第35話

その夜、呑気に寝返りを打ちながら、私はベッドでうとうとしていた。与えられた自室のベッドはフカフカで最高だ。天蓋付きなんて豪華でお姫様気分だし、何より一人の安心感があっていい。ノアの部屋で寝るのは本当に落ち着かなかった。


「ん……?」


 ふと違和感を感じて眉を寄せる。なにか、布団の中に温かいものが……。ぱっちり目を開ければ、至近距離にクリスの顔があった。


「可愛い寝顔だね、ミナ」

「きゃああああ!」


 驚いた私は飛び起きる。長い髪を一つに束ねて、シルクのシンプルなパジャマを着ているクリスが、なぜか私のベッドに入っていた。


「クリス、何してるの!?」

「夜這いだよ」

「は!?」


 クリスは私にぴったりと身を寄せた。暗闇に浮かび上がる、深紅の双眼。今にもキスされそうで、慌てて顔を逸らす。


「や、やめて。お願いクリス、落ち着いて」

「ミナは気づいてないんだろうね。ボクら吸血鬼の目に、君はすごく魅力的に映るんだ。

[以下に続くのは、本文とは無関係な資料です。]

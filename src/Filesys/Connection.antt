-- ===== src/Filesys/Connection.antt =====
-- filesys/network_server.cpp: `handle_request`, from the bytes that a client sends to the bytes that it
-- gets back. The state of the file system and the socket are passed on; the request runs alone. The
-- result is `true` for 0 and `false` for -1.
pub mod Replies
pub mod Answers
pub mod Safety
mod Examples
use operation_system_proj_c.Prelude.{ℕ, Bool, true, false, Option, none, some, List, ◌≡◌, length}
use operation_system_proj_c.Filesys.Types.{
  Command, CommandType, fs_readblock, fs_writeblock, fs_create, fs_delete, invalid,
}
use operation_system_proj_c.Filesys.Disk.{DiskApi}
use operation_system_proj_c.Filesys.Monad.{Fs, Outcome, returns, throws, aborts}
use operation_system_proj_c.Filesys.Request.{next_word, parse_command, parse_message}
use operation_system_proj_c.Filesys.Server.{serve_read, write_received, serve_create, serve_delete}
use operation_system_proj_c.Filesys.Message.{
  fs_blocksize, Socket, receive_message, receive_block, send_bytes, send_message,
}

-- The bytes of a block in memory.
pub record WireApi (Block : Type 0) : Type 0 where
  pub to_bytes : Block → List ℕ
  pub of_bytes : List ℕ → Block
  pub length-to_bytes : (x : Block) → length (to_bytes x) ≡ fs_blocksize

abbrev pub send_then : Bool × Socket → (Socket → Bool × Socket) → Bool × Socket
send_then (false, sk) next = (false, sk)
send_then (true, sk) next = next sk

abbrev pub with_state : {D : Type 0} → Fs D → Bool × Socket → (Outcome Bool × Fs D) × Socket
with_state s r = ((returns r.0, s), r.1)

-- What a handler does after the file system has returned, or has thrown.
unfoldable pub reply :
    {D A : Type 0}
    → Outcome (Option A) × Fs D
    → Socket
    → (A → Socket → Bool × Socket)
    → (Outcome Bool × Fs D) × Socket
reply (returns none, s) sk answer = ((returns false, s), sk)
reply (returns (some a), s) sk answer = with_state s (answer a sk)
reply (throws e, s) sk answer = ((throws e, s), sk)
reply (aborts, s) sk answer = ((aborts, s), sk)

module _ ⦃api : DiskApi⦄ where
  open api use {Disk, Block}

  module _ ⦃wire : WireApi Block⦄ where
    open wire use {to_bytes, of_bytes}

    -- The loop that sends a block.
    unfoldable pub send_block : Block → Socket → Bool × Socket
    send_block content sk = send_bytes fs_blocksize (to_bytes content) sk

    -- `NetworkServer::handle_read`
    unfoldable pub handle_read_request :
        Command → List ℕ → Fs Disk → Socket → (Outcome Bool × Fs Disk) × Socket
    handle_read_request fresh request_str s sk =
        reply (serve_read fresh request_str s) sk
          (λ content sk1. send_then (send_message request_str sk1) (λ sk2. send_block content sk2))

    -- `NetworkServer::handle_write` after the parser, with what `recv` gave.
    unfoldable pub write_block_received :
        Command
        → List ℕ
        → Fs Disk
        → Socket
        → Option (List ℕ × Socket)
        → (Outcome Bool × Fs Disk) × Socket
    write_block_received command request_str s sk none = ((returns false, s), sk)
    write_block_received command request_str s sk (some (content, sk1)) =
        reply (write_received (some (of_bytes content)) command s) sk1
          (λ _ sk2. send_message request_str sk2)

    unfoldable pub write_request_parsed :
        Option Command → List ℕ → Fs Disk → Socket → (Outcome Bool × Fs Disk) × Socket
    write_request_parsed none request_str s sk = ((returns false, s), sk)
    write_request_parsed (some command) request_str s sk =
        write_block_received command request_str s sk (receive_block sk)

    -- `NetworkServer::handle_write`
    unfoldable pub handle_write_request :
        Command → List ℕ → Fs Disk → Socket → (Outcome Bool × Fs Disk) × Socket
    handle_write_request fresh request_str s sk = elim (parse_message fresh request_str) [
      | none ↦ ((aborts, s), sk)
      | some parsed ↦ write_request_parsed parsed request_str s sk
    ]

    -- `NetworkServer::handle_create`
    unfoldable pub handle_create_request :
        Command → List ℕ → Fs Disk → Socket → (Outcome Bool × Fs Disk) × Socket
    handle_create_request fresh request_str s sk =
        reply (serve_create fresh request_str s) sk (λ _ sk1. send_message request_str sk1)

    -- `NetworkServer::handle_delete`
    unfoldable pub handle_delete_request :
        Command → List ℕ → Fs Disk → Socket → (Outcome Bool × Fs Disk) × Socket
    handle_delete_request fresh request_str s sk =
        reply (serve_delete fresh request_str s) sk (λ _ sk1. send_message request_str sk1)

    -- The switch of `handle_request`.
    unfoldable pub dispatch :
        CommandType → Command → List ℕ → Fs Disk → Socket → (Outcome Bool × Fs Disk) × Socket
    dispatch fs_readblock fresh request_str s sk = handle_read_request fresh request_str s sk
    dispatch fs_writeblock fresh request_str s sk = handle_write_request fresh request_str s sk
    dispatch fs_create fresh request_str s sk = handle_create_request fresh request_str s sk
    dispatch fs_delete fresh request_str s sk = handle_delete_request fresh request_str s sk
    dispatch invalid fresh request_str s sk = ((returns false, s), sk)

    -- `handle_request`; `fresh` is the uninitialized command of the parser.
    unfoldable pub handle_request : Command → Fs Disk → Socket → (Outcome Bool × Fs Disk) × Socket
    handle_request fresh s sk = elim (receive_message sk) [
      | none ↦ ((returns false, s), sk)
      | some m ↦ dispatch (parse_command (next_word m.0).0) fresh m.0 s m.1
    ]
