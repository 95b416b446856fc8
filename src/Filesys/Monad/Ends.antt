-- ===== src/Filesys/Monad/Ends.antt =====
-- filesys/: postconditions of a request, by how it ends.
use operation_system_proj_c.Prelude.{ℕ, ◌≡◌, refl, ◌⊎◌, inl, inr, some, List, get_elem?, arith}
use operation_system_proj_c.Filesys.Monad.{Fs, Outcome, returns, throws, aborts, Error, index}

-- `P` if it returned, `E` if it threw, `Z` if it stopped the process.
abbrev pub Ends :
    {D A : Type 0} → (A → Fs D → Type 0) → (Fs D → Type 0) → Type 0 → Outcome A × Fs D → Type 0
Ends P E Z (returns a, s) = P a s
Ends P E Z (throws e, s) = E s
Ends P E Z (aborts, s) = Z

-- A run that does not stop the process is known by an equation.
pub Ends-cases :
    {D A : Type 0} (P : A → Fs D → Type 0) (E : Fs D → Type 0) (o : Outcome A × Fs D)
    → Ends P E ⊥ o
    → ((a : A) × (s : Fs D) × (o ≡ (returns a, s)) × P a s)
      ⊎ ((e : Error) × (s : Fs D) × (o ≡ (throws e, s)) × E s)
Ends-cases P E (returns a, s) h = inl (a, s, refl, h)
Ends-cases P E (throws e, s) h = inr (e, s, refl, h)
Ends-cases P E (aborts, s) h = absurd h

pub Ends-map :
    {D A : Type 0} (P P' : A → Fs D → Type 0) (E : Fs D → Type 0) (Z : Type 0)
    (o : Outcome A × Fs D)
    → ((a : A) (s : Fs D) → P a s → P' a s)
    → Ends P E Z o
    → Ends P' E Z o
Ends-map P P' E Z (returns a, s) f h = f a s h
Ends-map P P' E Z (throws e, s) f h = h
Ends-map P P' E Z (aborts, s) f h = h

pub Ends-map_both :
    {D A : Type 0} (P P' : A → Fs D → Type 0) (E E' : Fs D → Type 0) (Z : Type 0)
    (o : Outcome A × Fs D)
    → ((a : A) (s : Fs D) → P a s → P' a s)
    → ((s : Fs D) → E s → E' s)
    → Ends P E Z o
    → Ends P' E' Z o
Ends-map_both P P' E E' Z (returns a, s) f g h = f a s h
Ends-map_both P P' E E' Z (throws e, s) f g h = g s h
Ends-map_both P P' E E' Z (aborts, s) f g h = h

pub index-get_elem? :
    {D A : Type 0} (xs : List A) (i : ℕ) (s : Fs D) {a : A}
    → get_elem? xs i ≡ some a
    → index xs i s ≡ (returns a, s)
unfolding index
index-get_elem? xs i s e = ground (arith, e)
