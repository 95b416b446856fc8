-- ===== src/Filesys/Search.antt =====
-- filesys/file_system.cpp: the search for free blocks when the server starts, up to the constructor of
-- FileSystem. A set of blocks is a list, in which a block may stand more than once. The search takes
-- fuel, one unit for each inode; `none` means that the fuel ran out.
pub mod Tree
pub mod Loop
pub mod Rounds
pub mod Free
use operation_system_proj_c.Prelude.{
  ℕ, zero, suc, ◌+◌, Bool, true, false, Option, none, some, List, [], ◌∷◌, ◌++◌, not, ◌==◌, ◌||◌,
  if◌then◌else◌,
}
use operation_system_proj_c.Filesys.Types.{Direntry, Inode, fs_disksize, root_inode}
use operation_system_proj_c.Filesys.Disk.{DiskApi}
use operation_system_proj_c.Filesys.Monad.{
  Fs, M, Outcome, returns, index, read_inode, read_direntries, assert, pure, ◌>>=◌, ◌>>◌,
}
use operation_system_proj_c.Filesys.Lookup.{dir_type, file_type}

-- `used_file_blocks.find(b) != end()`
abbrev pub contains : ℕ → List ℕ → Bool
contains b [] = false
contains b (x ∷ xs) = b == x || contains b xs

-- `used_file_blocks` and `search`
pub record Search : Type 0 where
  pub used_file_blocks : List ℕ
  pub search : List ℕ

-- The loop over the entries of a block.
unfoldable pub bfs_direntries : List Direntry → Search → Search
bfs_direntries [] s = s
bfs_direntries (e ∷ es) s = bfs_direntries es (
    if e.inode_block == 0 then s else record {
      used_file_blocks = e.inode_block ∷ s.used_file_blocks;
      search = s.search ++ e.inode_block ∷ [];
    })

module _ {D : Type 0} where
  -- The blocks of the inode from number `i` on, `n` of them.
  unfoldable pub bfs_file_inode : ℕ → ℕ → Inode → List ℕ → M D (List ℕ)
  bfs_file_inode zero i inode used = pure used
  bfs_file_inode (suc n) i inode used = do
    used_block ← index inode.blocks i
    bfs_file_inode n (i + 1) inode (used_block ∷ used)

module _ ⦃api : DiskApi⦄ where
  open api use {Disk}

  unfoldable pub bfs_directory_inode : ℕ → ℕ → Inode → Search → M Disk Search
  bfs_directory_inode zero i inode s = pure s
  bfs_directory_inode (suc n) i inode s = do
    used_block ← index inode.blocks i
    tmp_block ← read_direntries used_block
    bfs_directory_inode n (i + 1) inode
        (bfs_direntries tmp_block (record s { used_file_blocks = used_block ∷ s.used_file_blocks }))

  -- The body of the loop, for the block `curr_block` of an inode.
  unfoldable pub visit : ℕ → Search → M Disk Search
  visit curr_block s = do
    inode_to_search ← read_inode curr_block
    (if inode_to_search.type == file_type
        then (do
          used ← bfs_file_inode inode_to_search.size 0 inode_to_search s.used_file_blocks
          pure (record s { used_file_blocks = used }))
        else (do
          assert (inode_to_search.type == dir_type)
          bfs_directory_inode inode_to_search.size 0 inode_to_search s))

  unfoldable pub search_loop : ℕ → Search → M Disk (Option (List ℕ))
  search_loop zero s = pure none
  search_loop (suc fuel) s = elim s.search [
    | [] ↦ pure (some s.used_file_blocks)
    | curr_block ∷ rest ↦ (do
      next ← visit curr_block (record s { search = rest })
      search_loop fuel next)
  ]

  unfoldable pub find_free_blocks : ℕ → M Disk (Option (List ℕ))
  find_free_blocks fuel =
      search_loop fuel (record { used_file_blocks = root_inode ∷ []; search = root_inode ∷ [] })

-- The blocks from `b` on, `n` of them, that are not used.
unfoldable pub unused : List ℕ → ℕ → ℕ → List ℕ
unused used b zero = []
unused used b (suc n) =
    let rest = unused used (b + 1) n in if contains b used then rest else b ∷ rest

module _ ⦃api : DiskApi⦄ where
  open api use {Disk}

  abbrev fill_free_list : Option (List ℕ) → M Disk (Option (Unit {0}))
  fill_free_list none s = (returns none, s)
  fill_free_list (some used) s = (
    returns (some tt),
    record s { free_block_list = s.free_block_list ++ unused used 0 fs_disksize },
  )

  -- The constructor of FileSystem.
  unfoldable pub new_file_system : ℕ → M Disk (Option (Unit {0}))
  new_file_system fuel = find_free_blocks fuel >>= fill_free_list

甘くていい匂いがして……クラクラする。レオン兄さんもノアも、絶対ミナのこと邪な目で見てるよ」

「二人はクリスとは違う。こんなことしないもの」

「…………」


 クリスは顔を歪める。と、大きな瞳から涙が溢れ出し、私はギョッとした。


「ミナが好きなんだ。お願い、ボクを避けないで」


 縋るような涙目で、クリスは懇願する。


「どうすればボクのこと好きになってくれるの? キスして抱いて、蕩けるくらい可愛がってあげれば好きになる?」

「やめて、クリス……!」


 身体に触れようとするクリスの手を必死に阻む。揉みあっていると、不意にベッドサイドに誰かが立った。